I read about 60% physical books and 40% ebooks. The number of physical books will go down as I start whittling down the piles of books on my bookshelf. I do hope (as does my husband) to have the percentage higher of ebooks as I don't plan on buying many physical books anymore as the older I get the more things register in my mind as clutter and makes me anxious for some reason.


----------



## Steven L. Hawk (Jul 10, 2010)

Since getting my Kindle a year ago: *98% e-books*


----------



## robins777 (Aug 10, 2010)

About 20% of the books I have purchased since getting my Kindle have been e-books the rest DTBs simple because in most cases I can buy them significantly cheaper. I have read a lot of the free books from Amazon and have many many more lined up to read later.


----------



## Sarah Woodbury (Jan 30, 2011)

Probably 60/40 because I use the library, the used paperback bookstore, and many of the types of books I read (historical fiction) aren't on Kindle 

I want my library and Amazon to figure things out and let me borrow books for my Kindle!


----------



## AnelaBelladonna (Apr 8, 2009)

100% ebooks


----------



## Gone 9/21/18 (Dec 11, 2008)

I'd guess 50-50. I don't buy paper books any more, but I get anything that's not available for Kindle or that I think is overpriced from the library.


----------



## LauraB (Nov 23, 2008)

About 80% ebooks and 20% paper.  The only real inconvenience I notice in paper is I have to wear my readers


----------



## Thumper (Feb 26, 2009)

I'm guessing 95% e-books...some things are easier in print; if I need to flip back and forth a lot, or read chapters out of order, a print book works best for me.


----------



## mooshie78 (Jul 15, 2010)

99% for leisure reading.

0% for the academic books, textbooks and scholarly journals I read for work (need to mark them up, be able to flip through quickly etc.--and some are too large for e-reader screens to display the tables and figures).


----------



## QuantumIguana (Dec 29, 2010)

I'd say about 80% e-books. I buy my science fiction books in paper format at the local science fiction bookstore, unless they are out of copyright, in which case, I download them.


----------



## Joseph Robert Lewis (Oct 31, 2010)

New books - 100% ebook

Old books - 100% print

I still have a large collection of print books, and I really enjoy re-reading my old stuff


----------



## Jen Bluekissed (Jan 22, 2011)

I agree with a few other posts here.  My new books are 100% ebooks.  I love my Kindle.  I read on my phone, my Kindle, on my PC in a variety of locations: at the gym, in the grocery store, at lunch, wherever.  Ebooks are a lot more flexible that way.  I do have a large collection of print books that I'm still working my way through.  I refuse to kill more tress with my book purchases.  They're just too heavy to lug around.


----------



## LRGiles (Apr 28, 2010)

I have books stacked up throughout my office and other misc. areas of my home, but since I got my kindle, most of my reading (aside from tech manuals and graphic design books) are electronic. I avoid paper as much as possible now.


----------



## Patrick Skelton (Jan 7, 2011)

probably 80 percent e-books.


----------



## newportwa (Jul 18, 2009)

Except for cookbooks, 100% e-books.  I have been reading on Kindles since they first came out and I never want to go back.


----------



## Keith Blenman (May 31, 2009)

I'm 100% ebooks. I even purchased my textbooks for class on the Kindle.


----------



## Paolo Amoroso (Feb 2, 2011)

Sarah Woodbury said:


> Probably 60/40 because I use the library, the used paperback bookstore, [...]

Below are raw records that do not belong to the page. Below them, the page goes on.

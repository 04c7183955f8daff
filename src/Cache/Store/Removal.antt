-- ===== src/Cache/Store/Removal.antt =====
-- What `remove_domains_from_cache` takes out of the cache, and what it leaves.
use dns_relay.Prelude.{
  ◌≡◌, refl, ap, ◌∙◌, sym, true, inl, inr, if◌then◌else◌, none, List, [], ◌∷◌, Bool-cases,
  Option-cases, subst,
}
use dns_relay.Prelude.Slices.{Bytes}
use dns_relay.Cache.Lru.{Lru, LruLaws, Has}
use dns_relay.Cache.Key.{CacheKey}
use dns_relay.Cache.Store.{
  CacheEntry, pop_all, matching_keys, any_pattern, remove_domains_from_cache,
}

module _ (lower_wide : Bytes → Bytes) (patterns : List Bytes) where
  -- The keys that are popped: all that a pattern covers, and no others.
  matching_keys_complete :
      (rows : List (CacheKey × CacheEntry)) (key : CacheKey) (entry : CacheEntry)
      → Has (key, entry) rows
      → any_pattern lower_wide patterns key ≡ true
      → Has key (matching_keys lower_wide patterns rows)
  unfolding matching_keys
  matching_keys_complete [] key entry h m = h
  matching_keys_complete ((k, e) ∷ rest) key entry (inl same) m =
      let first : key ≡ k = ap (λ row. row.0) same in
      rw (subst (λ k. any_pattern lower_wide patterns k ≡ true) first m) (inl first)
  matching_keys_complete ((k, e) ∷ rest) key entry (inr later) m =
      let there = matching_keys_complete rest key entry later m in
      elim (Bool-cases (any_pattern lower_wide patterns k)) [
        | inl hit ↦ rw hit (inr there)
        | inr miss ↦ rw miss there
      ]

  matching_keys_sound :
      (rows : List (CacheKey × CacheEntry)) (key : CacheKey)
      → Has key (matching_keys lower_wide patterns rows)
      → any_pattern lower_wide patterns key ≡ true
  unfolding matching_keys
  matching_keys_sound [] key h = absurd h
  matching_keys_sound ((k, e) ∷ rest) key h =
      elim (Bool-cases (any_pattern lower_wide patterns k)) [
        | inl hit ↦
            (let found = rw hit at h in
              elim found [
                | inl same ↦ subst (λ k. any_pattern lower_wide patterns k ≡ true) (sym same) hit
                | inr later ↦ matching_keys_sound rest key later
              ])
        | inr miss ↦ matching_keys_sound rest key (rw miss at h)
      ]

module _ (lru : Lru CacheKey CacheEntry) (laws : LruLaws lru) where
  pop_all-gone :
      (keys : List CacheKey) (s : lru.Store) (key : CacheKey)
      → lru.peek s key ≡ none
      → lru.peek (pop_all lru s keys) key ≡ none
  pop_all-gone [] s key h = h
  pop_all-gone (k ∷ keys) s key h =
      pop_all-gone keys (lru.pop s k) key (elim (Option-cases (lru.peek (lru.pop s k) key)) [
        | inl e ↦ e
        | inr (entry, e) ↦ (let refuted = sym h ∙ laws.peek-pop s k key entry e in cc)
      ])

  pop_all-popped :
      (keys : List CacheKey) (s : lru.Store) (key : CacheKey)
      → Has key keys
      → lru.peek (pop_all lru s keys) key ≡ none
  pop_all-popped [] s key h = absurd h
  pop_all-popped (k ∷ keys) s key (inl same) =
      pop_all-gone keys (lru.pop s k) key
        (subst (λ j. lru.peek (lru.pop s k) j ≡ none) (sym same) (laws.peek-pop_self s k))
  pop_all-popped (k ∷ keys) s key (inr later) = pop_all-popped keys (lru.pop s k) key later

  pop_all-kept :
      (keys : List CacheKey) (s : lru.Store) (key : CacheKey)
      → (Has key keys → ⊥)
      → lru.peek (pop_all lru s keys) key ≡ lru.peek s key
  pop_all-kept [] s key h = refl
  pop_all-kept (k ∷ keys) s key h =
      pop_all-kept keys (lru.pop s k) key (λ later. h (inr later))
      ∙ laws.peek-pop_other s k key (λ same. h (inl same))

  -- After a removal, no entry is left whose name one of the patterns covers, and every other entry is
  -- as it was.
  pub peek-remove_domains_from_cache :
      (lower_wide : Bytes → Bytes) (s : lru.Store) (patterns : List Bytes) (key : CacheKey)
      → lru.peek (remove_domains_from_cache lower_wide lru s patterns) key
        ≡ (if any_pattern lower_wide patterns key then none else lru.peek s key)
  unfolding remove_domains_from_cache
  peek-remove_domains_from_cache lower_wide s patterns key =
      let keys = matching_keys lower_wide patterns (lru.iter s) in
      elim (Bool-cases (any_pattern lower_wide patterns key)) [
        | inl hit ↦ rw hit (elim (Option-cases (lru.peek s key)) [
          | inl absent ↦ pop_all-gone keys s key absent
          | inr (entry, present) ↦ pop_all-popped keys s key (
              matching_keys_complete lower_wide patterns (lru.iter s) key entry
                (laws.iter-complete s key entry present) hit)
        ])
        | inr miss ↦ rw miss (
            pop_all-kept keys s key (λ there.
              (let refuted =
                  sym miss ∙ matching_keys_sound lower_wide patterns (lru.iter s) key there in
                cc)))
      ]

When an ebook doesn't cost more than a dozen bucks or so, and used copies are available from Amazon marketplace vendors, I buy the Kindle edition anyway because it's still competitive given comparable foreign shipping charges.


----------



## Ciareader (Feb 3, 2011)

Sarah Woodbury said:


> Probably 60/40 because I use the library, the used paperback bookstore, and many of the types of books I read (historical fiction) aren't on Kindle
> 
> I want my library and Amazon to figure things out and let me borrow books for my Kindle!

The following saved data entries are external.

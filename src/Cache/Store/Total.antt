-- ===== src/Cache/Store/Total.antt =====
-- The response cache never panics.
use dns_relay.Prelude.{
  ℕ, Bool, true, false, Option, none, some, ltb, leb, ok, guard, ◌>>◌, Settles, Returns,
  Returns-attempt, Ensures-bind, Ensures-Returns, Bool-cases, inl, inr,
}
use dns_relay.Prelude.Slices.{Bytes}
use dns_relay.Dns.Ttl.{response_cache_ttl, age_response_ttls}
use dns_relay.Dns.Ttl.Total.{response_cache_ttl-Settles, age_response_ttls-Returns}
use dns_relay.Cache.Lru.{Lru}
use dns_relay.Cache.Key.{CacheKey}
use dns_relay.Cache.Store.{
  CacheEntry, elapsed_secs, served, fresh_answer, stale_answer, cache_store,
}

pub served-Settles :
    (entry : CacheEntry) (now : ℕ) (stale : Bool) → Settles (served entry now stale)
unfolding served
served-Settles entry now stale =
    Ensures-bind (λ _. Unit {0}) _ (age_response_ttls entry.packet (elapsed_secs entry now) stale) _
      (Ensures-Returns (λ _. Unit {0})
        (age_response_ttls entry.packet (elapsed_secs entry now) stale)
        (age_response_ttls-Returns entry.packet (elapsed_secs entry now) stale))
      (λ out _ _. flagged out.0 out.1)
  where
    flagged : (packet : Bytes) (aged : Bool) → Settles (guard aged >> ok packet)
    flagged packet true = tt
    flagged packet false = tt

module _ (lru : Lru CacheKey CacheEntry) where
  pub fresh_answer-Settles :
      (found : Option CacheEntry) (now : ℕ) → Settles (fresh_answer lru found now)
  fresh_answer-Settles none now = tt
  fresh_answer-Settles (some entry) now = elim (Bool-cases (leb entry.fresh_until now)) [
    | inl e ↦ rw e tt
    | inr e ↦ rw e (served-Settles entry now false)
  ]

  pub cache_store-Returns :
      (s : lru.Store) (key : CacheKey) (packet : Bytes) (now : ℕ)
      → Returns (λ _. Unit {0}) (cache_store lru s key packet now)
  unfolding cache_store
  cache_store-Returns s key packet now =
      Returns-attempt (λ _. Unit {0}) _ (response_cache_ttl packet) _ (ok s)
        (response_cache_ttl-Settles packet) (λ ttl _ _. tt) tt

  pub stale_answer-Settles :
      (s : lru.Store) (key : CacheKey) (found : Option CacheEntry) (now : ℕ)
      → Settles (stale_answer lru s key found now).0
  stale_answer-Settles s key none now = tt
  stale_answer-Settles s key (some entry) now = elim (Bool-cases (leb entry.stale_until now)) [
    | inl e ↦ rw e tt
    | inr e ↦ rw e (elim (Bool-cases (ltb now entry.fresh_until)) [
      | inl f ↦ rw f tt
      | inr f ↦ rw f (served-Settles entry now true)
    ])
  ]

Borrow books for the Kindle. I like that!


----------



## sparklemotion (Jan 13, 2011)

All new books I read are in e-format. There's still some books I end up buying used in print format as they're not available for kindle. I also still take out the odd library book if it's not on kindle, and still have books on my shelf that have gone unread. So probably something like 80% kindle, 20% print books. Would prefer to be completely e-format though.


----------



## beckyj20 (Jun 12, 2010)

99% ebooks. The only time I read a DTB is if it's one I bought before the kindle or if a new book in one of the series I read comes out & I have all the rest of the books in DTB. Then I have to keep the series going in DTBs. It's my OCD.


----------



## M.S. Verish (Feb 26, 2010)

(From Matt)
I am WAY in the minority here, but that's because I still have so many DTBs to read. I've only read about 3 books on my iPad, but that will change very soon. I haven't bought a DTB in quite some time. Seems eBooks truly are taking over.


----------



## s0nicfreak (Jun 10, 2010)

98%. If I don't count books I read to/with the kids, 100%.


----------



## matt youngmark (Jan 11, 2011)

I still read a ton of graphic novels in print (I actually do enjoy reading them on my smartphone, but haven't had the heart to cut my local indie comic book store out of the loop). For straight fiction, I haven't picked up a dead tree book since I got my kindle, and am trying VERY HARD to resist the urge to re-purchase my DTB to-read pile in electronic form.


----------



## char (Jan 22, 2009)

I have had my Kindle for almost 2 years and haven't read a DTB since owning it.  So, 100% ebooks here!


----------



## billie hinton (Jan 30, 2011)

Right now, it's about 90% e-book. Which shocks me, but the Kindle is so easy to read on I find I now prefer it even though I have always loved reading well-made hardcover books.


----------



## RyanMWilliams (May 28, 2010)

I'd read 100% in ebooks if that were possible but there are still plenty of books that aren't available in ebook versions. I wanted to reread Pohl's Gateway books, nope. Recently I went to pick up Jerry Oltion's books, nope. I'd have bought them but instead I checked them out of the library because they weren't available in ebook versions. There are print books that I've collected that I'll also buy the ebook versions, though, because I prefer to read that way.


----------



## FictionalWriter (Aug 4, 2010)

I would say half and half. I get a lot of print books from publishers to review, so if I want to read one, I'll read it first before sending it out to the reviewer. On the other hand, I get about 65% of the books as egalleys. Definitely weighted heavier on the digital side.


----------



## Miriam Minger (Nov 27, 2010)

75% ebook.

Miriam Minger


----------



## Tatiana (Aug 20, 2010)

95% eBooks


----------



## anguabell (Jan 9, 2011)

About 50%. Mostly "light reading" and some classic literature I haven't read before.


----------



## LaFlamme (Dec 9, 2010)

I believe I'm right at 50/50. A regular two gun Sam. Even Steven. And whatnot.


----------



## anguabell (Jan 9, 2011)

...and the last one I finished was Mark LaFlamme's _Vegetation_. I liked it a great deal


----------



## KBisGr8 (Jan 13, 2009)

100% ebook since October 2008.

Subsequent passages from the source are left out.